When you see a headline claiming the Moon is growing, or a photo making it look enormous, run through a quick mental checklist before accepting it at face value.

1. Ask what timescale the claim is about. Changes that happen over hundreds of millions of years are real but irrelevant to what you see tonight.
2. Distinguish apparent size from physical size. Angular diameter in the sky and actual radius in kilometers are different quantities.
3. Check whether 'distance' is doing the work. A closer Moon looks bigger; that is geometry, not growth.
4. Consider the source's precision. NASA's Lunar Laser Ranging data gives recession to within fractions of a millimeter per year. Social media posts rarely do.
5. Look for a mechanism. What would be adding mass or volume to the Moon? If no clear answer exists, the claim is almost certainly about appearance, not reality.
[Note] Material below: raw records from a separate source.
-- ===== src/Map/Iterate.antt =====
-- `map_for_each` of src/map.h: an invariant rule for a body that may change the map, and what a
-- body that does not sees.
use qrtr.Base.{
  ℕ, zero, suc, ◌+◌, ◌-◌, ◌≤◌, ◌<◌, ◌≡◌, refl, ap, ◌∙◌, true, List, [], ◌∷◌, arith, length, get_or,
}
use qrtr.Map.{
  Slot, empty, deleted, item, Map, slot_at, is_free, owners, iter_loop, map_iter_from,
  map_iter_first, for_each, map_for_each,
}

module _ {ℓ κ μ} {A : Type ℓ} {S : Type κ} (map_of : S → Map A) (body : A → S → S)
    (P : ℕ → S → Type μ) (n : ℕ) (sized : (i : ℕ) (s : S) → P i s → (map_of s).size ≡ n)
    (skip : (i : ℕ) (s : S) → i < n → P i s → is_free (slot_at (map_of s) i) ≡ true → P (i + 1) s)
    (step : (i : ℕ) (s : S) (k : ℕ) (a : A)
      → i < n
      → P i s
      → slot_at (map_of s) i ≡ item k a
      → P (i + 1) (body a s)) where
  for_each_round :
      (sl : Slot A) (fuel rounds i : ℕ) (s : S)
      → slot_at (map_of s) i ≡ sl
      → i + suc rounds ≡ n
      → rounds < fuel
      → P i s
      → ((f : ℕ) (t : S)
          → rounds ≤ f
          → P (i + 1) t
          → P n (for_each map_of body f (iter_loop rounds (i + 1) (map_of t)) t))
      → P n (for_each map_of body fuel (iter_loop (suc rounds) i (map_of s)) s)
  unfolding for_each iter_loop
  for_each_round empty fuel rounds i s e sum lt p rest =
      rw e (rest fuel s (omega arith) (skip i s (omega arith) p (rw e)))
  for_each_round deleted fuel rounds i s e sum lt p rest =
      rw e (rest fuel s (omega arith) (skip i s (omega arith) p (rw e)))
  for_each_round (item k a) zero rounds i s e sum lt p rest = absurd (omega arith)
  for_each_round (item k a) (suc fuel) rounds i s e sum lt p rest =
      let q = step i s k a (omega arith) p e in
      let left : (map_of (body a s)).size - (i + 1) ≡ rounds =
        omega (arith, sized (i + 1) (body a s) q) in
      rw e (rw (e, left) (rest fuel (body a s) (omega arith) q))

  for_each_from :
      (rounds fuel i : ℕ) (s : S)
      → i + rounds ≡ n
      → rounds ≤ fuel
      → P i s
      → P n (for_each map_of body fuel (iter_loop rounds i (map_of s)) s)
  unfolding for_each iter_loop
  for_each_from zero zero i s e le p = let t : i ≡ n = omega arith in rw (← t) p
  for_each_from zero (suc fuel) i s e le p = let t : i ≡ n = omega arith in rw (← t) p
  for_each_from (suc rounds) fuel i s e le p =
      for_each_round (slot_at (map_of s) i) fuel rounds i s refl e (omega arith) p
        (λ f t le' q. for_each_from rounds f (i + 1) t (omega arith) le' q)

  -- The rule: what every step keeps holds at the end of the table.
  pub map_for_each_rule : (s : S) → P 0 s → P n (map_for_each map_of body s)
  unfolding map_for_each map_iter_first map_iter_from
  map_for_each_rule s p =
      let e : (map_of s).size - 0 ≡ (map_of s).size = omega arith in
      rw e (
        for_each_from (map_of s).size (map_of s).size 0 s (omega (arith, sized 0 s p)) (omega arith)
          p)

-- The body, run on every owner of a list in turn.
abbrev pub visit_all {ℓ κ} : {A : Type ℓ} {S : Type κ} → (A → S → S) → List A → S → S
visit_all body [] s = s
visit_all body (a ∷ rest) s = visit_all body rest (body a s)

module _ {ℓ} {A : Type ℓ} where
  -- The owners in the entries from index i on.
  owners_from : (m : Map A) (rounds i : ℕ) → List A
  owners_from m zero i = []
  owners_from m (suc rounds) i =
      let rest = owners_from m rounds (i + 1) in
      elim (slot_at m i) [ empty ↦ rest | deleted ↦ rest | item k a ↦ a ∷ rest ]

  abbrev AreFrom : Map A → ℕ → List (Slot A) → Type ℓ
  AreFrom m i ss = (q : ℕ) → slot_at m (i + q) ≡ get_or ss q empty

  head_slot :
      (m : Map A) (i : ℕ) (s : Slot A) (ss : List (Slot A)) → AreFrom m i (s ∷ ss) → slot_at m i ≡ s
  head_slot m i s ss h = let e : i + 0 ≡ i = omega arith in rw e at (h 0)

  tail_slots :
      (m : Map A) (i : ℕ) (s : Slot A) (ss : List (Slot A))
      → AreFrom m i (s ∷ ss)
      → AreFrom m (i + 1) ss
  tail_slots m i s ss h q = let e : i + suc q ≡ i + 1 + q = omega arith in rw e at (h (suc q))

  owners_from-owners :
      (m : Map A) (ss : List (Slot A)) (i : ℕ)
      → AreFrom m i ss
      → owners_from m (length ss) i ≡ owners ss
  unfolding owners_from owners
  owners_from-owners m [] i h = refl
  owners_from-owners m (empty ∷ ss) i h =
      rw (head_slot m i empty ss h, owners_from)
        (owners_from-owners m ss (i + 1) (tail_slots m i empty ss h))
  owners_from-owners m (deleted ∷ ss) i h =
      rw (head_slot m i deleted ss h, owners_from)
        (owners_from-owners m ss (i + 1) (tail_slots m i deleted ss h))
  owners_from-owners m (item k a ∷ ss) i h =
      rw (head_slot m i (item k a) ss h, owners_from)
        (ap (◌∷◌ a) (owners_from-owners m ss (i + 1) (tail_slots m i (item k a) ss h)))

  owners_from_free :
      (m : Map A) (rounds i : ℕ)
      → is_free (slot_at m i) ≡ true
      → owners_from m (suc rounds) i ≡ owners_from m rounds (i + 1)
  unfolding owners_from
  owners_from_free m rounds i e = by_slot (slot_at m i) refl e
    where
      by_slot :
          (s : Slot A)
          → slot_at m i ≡ s
          → is_free s ≡ true
          → owners_from m (suc rounds) i ≡ owners_from m rounds (i + 1)
      by_slot empty h f = rw (h, owners_from)
      by_slot deleted h f = rw (h, owners_from)
      by_slot (item k a) h f = absurd (cc f)

  owners_from_item :
      (m : Map A) (rounds i k : ℕ) (a : A)
      → slot_at m i ≡ item k a
      → owners_from m (suc rounds) i ≡ a ∷ owners_from m rounds (i + 1)
  unfolding owners_from
  owners_from_item m rounds i k a e = rw (e, owners_from)

-- A loop over a map whose table has as many entries as its size says, and whose body leaves the map
-- alone, runs the body once on the owner of each item, in the order of the table.
pub map_for_each-visit_all {ℓ κ} :
    {A : Type ℓ} {S : Type κ} (map_of : S → Map A) (body : A → S → S)
    → ((a : A) (s : S) → map_of (body a s) ≡ map_of s)
    → (s : S) → length (map_of s).table ≡ (map_of s).size
    → map_for_each map_of body s ≡ visit_all body (owners (map_of s).table) s
unfolding owners_from
map_for_each-visit_all {A = A} {S = S} map_of body same s width =
    let m : Map A = map_of s in
    let left : ℕ → List A = λ i. owners_from m (m.size - i) i in
    let rest : (i : ℕ) → i < m.size → m.size - i ≡ suc (m.size - (i + 1)) = λ i h. omega arith in
    let none_left : m.size - m.size ≡ 0 = omega arith in
    let (_, finished) =
      map_for_each_rule map_of body
        (λ i t. (map_of t ≡ m) × (visit_all body (left i) t ≡ visit_all body (left 0) s)) m.size
        (λ i t (e, _). ap (λ (n : Map A). n.size) e)
        (λ i t h (e, run) free.
          (e, rw (rest i h, owners_from_free m (m.size - (i + 1)) i (rw e at free)) at run))
        (λ i t k a h (e, run) there. (
          same a t ∙ e,
          rw (rest i h, owners_from_item m (m.size - (i + 1)) i k a (rw e at there)) at run,
        ))
        s (refl, refl) in
    let all : m.size - 0 ≡ length m.table = rw width (omega arith) in
    let zero_add : (q : ℕ) → 0 + q ≡ q = λ q. omega arith in
    let listed : owners_from m (length m.table) 0 ≡ owners m.table =
      owners_from-owners m m.table 0 (λ q. rw (zero_add q)) in
    let all_listed : owners_from m (m.size - 0) 0 ≡ owners m.table = rw all listed in
    rw none_left at finished ∙ ap (λ xs. visit_all body xs s) all_listed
6. Verify the timescale of geological claims. Statements about the Moon shrinking by 50 meters apply to hundreds of millions of years, not to recent decades.
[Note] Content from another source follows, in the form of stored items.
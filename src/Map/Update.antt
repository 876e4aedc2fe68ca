-- ===== src/Map/Update.antt =====
-- A write to an owner that a map of src/map.c holds: the entries keep their places and keys.
use qrtr.Base.{
  ℕ, ◌<◌, ◌≡◌, refl, sym, ◌∙◌, ◌≢◌, inl, inr, true, false, arith, ◌==◌, if◌then◌else◌, Bool-cases,
  length-set,
}
use mathlib.Core.Option
use qrtr.Map.{item, Map, slot_at, map_get, map_update}
use qrtr.Map.Probe.{pos, home, IsValid, IsDistinct, live-set, slot_in_range}
use qrtr.Map.Lookup.{find_cases, absent, present, get-Holds, get_absent, get_found}
use qrtr.Map.Store.{written, slot-written}
use qrtr.Map.Round.{IsTombless}

module _ {ℓ} {A : Type ℓ} where
  -- What a write by `f` under `key` does, where no key has two items.
  pub record Changes (m : Map A) (key : ℕ) (f : A → A) (m' : Map A) : Type ℓ where
    pub valid : IsValid m'
    pub distinct : IsDistinct m'
    pub tombless : IsTombless m → IsTombless m'
    pub reads :
        (k : ℕ) → map_get m' k ≡ (if k == key then Option.map f (map_get m k) else map_get m k)
    pub size : m'.size ≡ m.size

  module _ (m : Map A) (key : ℕ) (f : A → A) (v : IsValid m) (d : IsDistinct m) (p : ℕ) (a : A)
      (there : slot_at m p ≡ item key a) where
    abbrev changed : Map A
    changed = written m m.count p (item key (f a))

    p-lt : p < m.size
    p-lt = slot_in_range m p key a v.width there

    slot_ne : (q : ℕ) → (p == q) ≡ false → slot_at changed q ≡ slot_at m q
    slot_ne q e = rw (slot-written m m.count p q (item key (f a)) v p-lt, e)

    slot_self : (q : ℕ) → (p == q) ≡ true → slot_at changed q ≡ item key (f a)
    slot_self q e = rw (slot-written m m.count p q (item key (f a)) v p-lt, e)

    -- Where an item stands now, an item of the same key stood.
    item_old : (q k : ℕ) (b : A) → slot_at changed q ≡ item k b → (c : A) × (slot_at m q ≡ item k c)
    item_old q k b h = elim (Bool-cases (p == q)) [
      | inl e ↦
          let same : p ≡ q = ground arith in
          let k_key : key ≡ k = cc (slot_self q e, h) in (a, cc (there, same, k_key))
      | inr e ↦ (b, sym (slot_ne q e) ∙ h)
    ]

    changed-IsValid : IsValid changed
    changed-IsValid = record {
      width = length-set m.table p (item key (f a)) ∙ v.width;
      small = v.small;
      counted =
          omega
            (arith, v.counted, rw there at (live-set m.table p (item key (f a)) (rw v.width p-lt)));
      reachable = λ k b i j hi hj h void.
          let (c, was) = item_old _ k b h in
          elim (Bool-cases (p == pos m.size (home m k) j)) [
            | inl e ↦ cc (slot_self _ e, void)
            | inr e ↦ v.reachable k c i j hi hj was (sym (slot_ne _ e) ∙ void)
          ];
    }

    changed-IsDistinct : IsDistinct changed
    changed-IsDistinct k x y q r h g =
        let (x', hx) = item_old q k x h in let (y', hy) = item_old r k y g in d k x' y' q r hx hy

    changed_reads :
        (k : ℕ) → map_get changed k ≡ (if k == key then Option.map f (map_get m k) else map_get m k)
    changed_reads k = elim (Bool-cases (k == key)) [
      | inl e ↦
          let same : k ≡ key = ground arith in
          rw (e, same, get-Holds m key a v d (p, there))
            (get-Holds changed key (f a) changed-IsValid changed-IsDistinct
              (p, slot_self p (ground arith)))
      | inr e ↦ rw e (elim (find_cases m k v) [
        | present q b g h ↦
            let apart : (p == q) ≡ false =
              let ne : p ≢ q = λ s. let t : k ≡ key = cc (there, h, s) in ground arith in
              ground arith in
            rw (get_found m k q b g h)
              (get-Holds changed k b changed-IsValid changed-IsDistinct (q, slot_ne q apart ∙ h))
        | absent g none_there ↦ rw (get_absent m k g) (elim (find_cases changed k changed-IsValid) [
          | absent g' _ ↦ get_absent changed k g'
          | present q b g' h ↦ let (c, was) = item_old q k b h in absurd (none_there c (q, was))
        ])
      ])
    ]

    changed-IsTombless : IsTombless m → IsTombless changed
    changed-IsTombless t q h = elim (Bool-cases (p == q)) [
      | inl e ↦ cc (slot_self q e, h)
      | inr e ↦ t q (sym (slot_ne q e) ∙ h)
    ]

  pub update-Changes :
      (m : Map A) (key : ℕ) (f : A → A)
      → IsValid m
      → IsDistinct m
      → Changes m key f (map_update m key f)
  unfolding map_update
  update-Changes m key f v d = elim (find_cases m key v) [
    | absent g none_there ↦
        rw (g, map_update)
          (record {
            valid = v;
            distinct = d;
            tombless = λ t. t;
            reads = λ k. elim (Bool-cases (k == key)) [
              | inl e ↦ let same : k ≡ key = ground arith in rw (e, same, get_absent m key g)
              | inr e ↦ rw e
            ];
            size = refl;
          })
    | present p a g there ↦
        rw (g, map_update, there)
          (record {
            valid = changed-IsValid m key f v d p a there;
            distinct = changed-IsDistinct m key f v d p a there;
            tombless = changed-IsTombless m key f v d p a there;
            reads = changed_reads m key f v d p a there;
            size = refl;
          })
  ]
NASA's LLR data and USGS geological analyses are the most reliable primary sources for questions about the Moon's physical evolution. For phase and apparent-size questions, planetarium software like Stellarium lets you simulate the Moon's angular diameter at any date, so you can see for yourself how much it changes across an orbit without needing to take anyone's word for it.
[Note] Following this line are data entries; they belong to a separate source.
-- ===== src/Ns.antt =====
-- src/ns.c, the name server: its state, its registry of servers, and its control port.
pub mod State
pub mod Registry
pub mod Control
pub mod Invariant
pub mod Nodes
pub mod Notices
pub mod Servers
pub mod Removals
pub mod Acts
pub mod Greetings
pub mod Handlers
pub mod Serve
pub mod Effects
pub mod Bye
pub mod Lookups
pub mod Withdrawals
pub mod Clients
pub mod Hello
pub mod Main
The Moon is a useful reminder that 'growing' is not a single thing. On this site we focus a lot on how organisms grow through cell division and how crystals grow by accretion, and in both cases there is a mechanism, a feedstock, and energy driving the process. The Moon had all three during its formation. It doesn't today, which is exactly why it isn't growing. What you see changing in the sky each night is nothing more than light and distance doing what geometry dictates. The Sun, like the Moon, does not grow noticeably from year to year in any human-observable way.